El día de hoy diseñé esta entrega en dos porciones; la primera, relativa a los dos sacerdotes jesuitas que fueron asesinados al realizar su misión de ayuda al prójimo en una población de la Sierra Tarahumara; y la segunda sobre una reflexión escrita una mañana del 20 de junio de 2020, cuando seguíamos el protocolo para cuidarnos de contagios del COVID 19 y que nunca publiqué en este periódico.
Los jesuitas sacrificados

Si bien han transcurrido casi 15 días del asesinato de los dos sacerdotes jesuitas Javier Campos y Joaquín Mora, en Cerocahui, Urique, Chihuahua, no podemos soslayar el horror de su sacrificio a manos de criminales sanguinarios que han proliferado en nuestro México querido, alentados quizá por los discursos de la política criminal oficialmente asumida: “Abrazos, no balazos”.
Diferentes artículos y opiniones se han vertido por los más prestigiados escritores, desde Juan Villoro a Javier Sicilia y tantos y tantos más. Después de haber colaborado durante 33 años para la Universidad Iberoamericana, precisamente a cargo de la Compañía de Jesús y bajo el acogimiento y abrigo de dos sacerdotes jesuitas ejemplares y muy queridos en León Guanajuato, como Jorge Vértiz Campero  y Carlos Velasco Arzac, no puedo ser ajeno a este lamentable acontecimiento ante el cual ya se ha solicitado y exclamado por toda la comunidad de la congregación, por los líderes sociales y políticos de toda índole, por los organismos empresariales, solo algo muy elemental: ¡Justicia!
Aparte de la gran labor de los sacerdotes Javier Campos y Joaquín Mora durante años, en su vida religiosa, atendiendo a los sectores más pobres y con más carencias en México, se trató de dos octogenarios que ante un ataque violento era obvia su indefensión y vulnerabilidad; sin embargo, no dudaron en defender la vida de su prójimo, de nombre Pedro Palma, quien buscó refugio en el templo donde se encontraban los jesuitas, quienes antepusieron sus cuerpos a las balas criminales ofrendando su vida por amor a la vida de otro. Descansen en Paz estos mártires.
En todo

Hoy llegué a mi escritorio en la parte más alta de la casa, vi la hoja en blanco que dejé ayer, admiré el paisaje a mi alrededor, parte de la ciudad, al fondo las montañas, más cerca el lago artificial llamado presa El Palote y a mi derecha el cercanísimo Cerro Gordo ya reverdeciendo con las lluvias primigenias. Al admirar esta espléndida y soleada mañana me senté, di gracias a la vida con mi pensamiento.

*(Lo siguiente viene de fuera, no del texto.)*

-- ===== src/Accounts/Integrity.antt =====
-- crates/storage/src/users.rs and tokens.rs: the tables after any calls of their methods.
use chenni_x_api.Prelude.Lists.{All, All-mono, All-keep_if, All-append, keep_if}
use chenni_x_api.Prelude.Tests.{◌==◌}
use chenni_x_api.Prelude.{
  ℕ, ◌≡◌, refl, String, Bool, true, false, not, Option, none, some, List, [], ◌∷◌, ◌++◌, arith,
}
use chenni_x_api.Storage.Table.{adjust_at}
use chenni_x_api.Accounts.{
  UserRow, TokenRow, Accounts, Violation, next_id, has_id, taken, statement,
}
use chenni_x_api.Accounts.Users.{set_user, drop_user, user_is_logged}
use chenni_x_api.Accounts.Tokens.{set_token, drop_tokens, token_is_logged}
use chenni_x_api.Accounts.Rows.{
  Distinct, Ascending, append-Distinct, keep_if-Distinct, next_id-lt, append-Ascending,
  keep_if-Ascending, has_id-append, All-kept, All-adjusted, adjust_at-Ascending, adjust_at-Distinct,
  has_id-adjust_at, logged_kept, listed_kept, other_kept,
}

abbrev pub user_id_of : UserRow → ℕ
user_id_of r = r.id

abbrev pub token_id_of : TokenRow → ℕ
token_id_of t = t.id

abbrev pub name_of : UserRow → String
name_of r = r.username

abbrev pub key_of : TokenRow → String
key_of t = t.key

-- The user of a token exists.
abbrev pub Owned : List UserRow → TokenRow → Type 0
Owned users t = has_id user_id_of t.user_id users ≡ true

-- What the schema promises: ids ascend, names and keys are distinct, references have a target.
pub record IsSound (db : Accounts) : Type 0 where
  pub user_ids : Ascending user_id_of db.users
  pub token_ids : Ascending token_id_of db.tokens
  pub usernames : Distinct name_of db.users
  pub keys : Distinct key_of db.tokens
  pub owners : All (Owned db.users) db.tokens
  pub user_logs : All (λ k. has_id user_id_of k db.users ≡ true) db.logged_users
  pub token_logs : All (λ k. has_id token_id_of k db.tokens ≡ true) db.logged_tokens

-- A statement is safe where the tables after it are sound, if it is no violation.
pub statement-IsSound :
    (refusal : Option String) (explain : Violation → String) {A : Type 0} (v : Option Violation)
    (a : A) (f : Accounts → Accounts) (db : Accounts)
    → IsSound db
    → (v ≡ none → IsSound (f db))
    → IsSound (statement refusal explain v a f db).1
unfolding statement
statement-IsSound (some e) explain v a f db s h = s
statement-IsSound none explain (some w) a f db s h = s
statement-IsSound none explain none a f db s h = h refl

-- A change of a row that keeps what others refer to.
pub set_user-IsSound :
    (k : ℕ) (f : UserRow → UserRow) (db : Accounts)
    → ((r : UserRow) → user_id_of (f r) ≡ user_id_of r)
    → Distinct name_of (adjust_at user_id_of k f db.users)
    → IsSound db
    → IsSound (set_user k f db)
set_user-IsSound k f db keeps names s = record {
  user_ids = adjust_at-Ascending user_id_of f keeps k db.users s.user_ids;
  token_ids = s.token_ids;
  usernames = names;
  keys = s.keys;
  owners =
      All-mono (Owned db.users) (Owned (set_user k f db).users)
        (λ t h. rw (has_id-adjust_at user_id_of f keeps t.user_id k db.users) h) db.tokens s.owners;
  user_logs =
      All-mono (λ j. has_id user_id_of j db.users ≡ true)
        (λ j. has_id user_id_of j (adjust_at user_id_of k f db.users) ≡ true)
        (λ j h. rw (has_id-adjust_at user_id_of f keeps j k db.users) h) db.logged_users
        s.user_logs;
  token_logs = s.token_logs;
}

pub set_token-IsSound :
    (k : ℕ) (f : TokenRow → TokenRow) (db : Accounts)
    → ((t : TokenRow) → token_id_of (f t) ≡ token_id_of t)
    → ((t : TokenRow) → key_of (f t) ≡ key_of t)
    → ((t : TokenRow) → (f t).user_id ≡ t.user_id)
    → IsSound db
    → IsSound (set_token k f db)
set_token-IsSound k f db keeps same owner s = record {
  user_ids = s.user_ids;
  token_ids = adjust_at-Ascending token_id_of f keeps k db.tokens s.token_ids;
  usernames = s.usernames;
  keys = adjust_at-Distinct token_id_of f keeps key_of same k db.tokens s.keys;
  owners = All-adjusted token_id_of f (Owned db.users) (λ t h. rw (owner t) h) k db.tokens s.owners;
  user_logs = s.user_logs;
  token_logs =
      All-mono (λ j. has_id token_id_of j db.tokens ≡ true)
        (λ j. has_id token_id_of j (adjust_at token_id_of k f db.tokens) ≡ true)
        (λ j h. rw (has_id-adjust_at token_id_of f keeps j k db.tokens) h) db.logged_tokens
        s.token_logs;
}

pub add_user-IsSound :
    (row : UserRow) (db : Accounts)
    → row.id ≡ next_id user_id_of db.users
    → taken name_of row.username db.users ≡ false
    → IsSound db
    → IsSound (record db { users = db.users ++ row ∷ [] })
add_user-IsSound row db new free s = record {
  user_ids =
      append-Ascending user_id_of db.users row (rw new (next_id-lt user_id_of 0 db.users))
        s.user_ids;
  token_ids = s.token_ids;
  usernames = append-Distinct name_of db.users row free s.usernames;
  keys = s.keys;
  owners =
      All-mono (Owned db.users) (Owned (db.users ++ row ∷ []))
        (λ t h. has_id-append user_id_of t.user_id db.users row h) db.tokens s.owners;
  user_logs =
      All-mono (λ j. has_id user_id_of j db.users ≡ true)
        (λ j. has_id user_id_of j (db.users ++ row ∷ []) ≡ true)
        (λ j h. has_id-append user_id_of j db.users row h) db.logged_users s.user_logs;
  token_logs = s.token_logs;
}

pub add_token-IsSound :
    (row : TokenRow) (db : Accounts)
    → row.id ≡ next_id token_id_of db.tokens
    → taken key_of row.key db.tokens ≡ false
    → Owned db.users row
    → IsSound db
    → IsSound (record db { tokens = db.tokens ++ row ∷ [] })
add_token-IsSound row db new free owned s = record {
  user_ids = s.user_ids;
  token_ids =
      append-Ascending token_id_of db.tokens row (rw new (next_id-lt token_id_of 0 db.tokens))
        s.token_ids;
  usernames = s.usernames;
  keys = append-Distinct key_of db.tokens row free s.keys;
  owners = All-append (Owned db.users) db.tokens (row ∷ []) s.owners (owned, tt);
  user_logs = s.user_logs;
  token_logs =
      All-mono (λ j. has_id token_id_of j db.tokens ≡ true)
        (λ j. has_id token_id_of j (db.tokens ++ row ∷ []) ≡ true)
        (λ j h. has_id-append token_id_of j db.tokens row h) db.logged_tokens s.token_logs;
}

pub drop_tokens-IsSound :
    (p : TokenRow → Bool) (db : Accounts)
    → token_is_logged p db ≡ false
    → IsSound db
    → IsSound (drop_tokens p db)
drop_tokens-IsSound p db n s = record {
  user_ids = s.user_ids;
  token_ids = keep_if-Ascending token_id_of (λ t. not (p t)) db.tokens s.token_ids;
  usernames = s.usernames;
  keys = keep_if-Distinct key_of (λ t. not (p t)) db.tokens s.keys;
  owners = All-kept (Owned db.users) (λ t. not (p t)) db.tokens s.owners;
  user_logs = s.user_logs;
  token_logs = logged_kept token_id_of p db.tokens db.logged_tokens n s.token_logs;
}

kept_owner :
    (k : ℕ) (users : List UserRow) (t : TokenRow)
    → Owned users t
    → not (t.user_id == k) ≡ true
    → Owned (keep_if (λ (r : UserRow). not (r.id == k)) users) t
kept_owner k users t h n = other_kept user_id_of t.user_id k users (ground (arith, n)) h

pub drop_user-IsSound :
    (k : ℕ) (db : Accounts) → user_is_logged k db ≡ false → IsSound db → IsSound (drop_user k db)
drop_user-IsSound k db n s = record {
  user_ids = keep_if-Ascending user_id_of (λ r. not (r.id == k)) db.users s.user_ids;
  token_ids = keep_if-Ascending token_id_of (λ t. not (t.user_id == k)) db.tokens s.token_ids;
  usernames = keep_if-Distinct name_of (λ r. not (r.id == k)) db.users s.usernames;
  keys = keep_if-Distinct key_of (λ t. not (t.user_id == k)) db.tokens s.keys;
  owners =
      All-keep_if (Owned (drop_user k db).users) (Owned db.users) (λ t. not (t.user_id == k))
        (kept_owner k db.users) db.tokens s.owners;
  user_logs = listed_kept user_id_of k db.users db.logged_users (ground (arith, n)) s.user_logs;
  token_logs =
      logged_kept token_id_of (λ t. t.user_id == k) db.tokens db.logged_tokens (ground (arith, n))
        s.token_logs;
}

Inicia el verano, una nueva estación de este fatídico año 2020; la primavera que termina será inolvidable, en ella pude darme cuenta de cada centímetro de mi casa por espacios donde poco o nunca pasaba; vi el jardín florecer; el pasto secarse, regarlo profusamente y observarlo reverdecer.
Por fin pude contemplar las azucenas blancas y rojas brotar mágicamente con el inicio exacto de la Cuaresma, después llegar a su clímax, declinar secándose poco a poco puntualmente al transcurrir sus 40 días. Los duraznos florear y dar frutos, las papayas y los limones dándose generosamente y estupefacto ante esta muestra cotidiana de la naturaleza, pude cortarlos, llevarlos a mi mesa, comerlos y saborearlos frescos.
Vi y sentí la primera lluvia de la temporada caer en mi rostro y cuerpo, sin prisas ni preocupaciones.
Esto es solo un poquito de lo que he vivido en esta estación primaveral que termina, pues faltan muchos temas relativos al hogar, a la familia, al trabajo, a la relación vecinal, a la capacitación y actualización profesional con nuevas tecnologías, al ocio, al entretenimiento y a la cultura.
El encierro y aislamiento social por esta epidemia ha tenido sus ventajas, solo ha sido menester saber apreciar las distintas facetas de la vida en todo.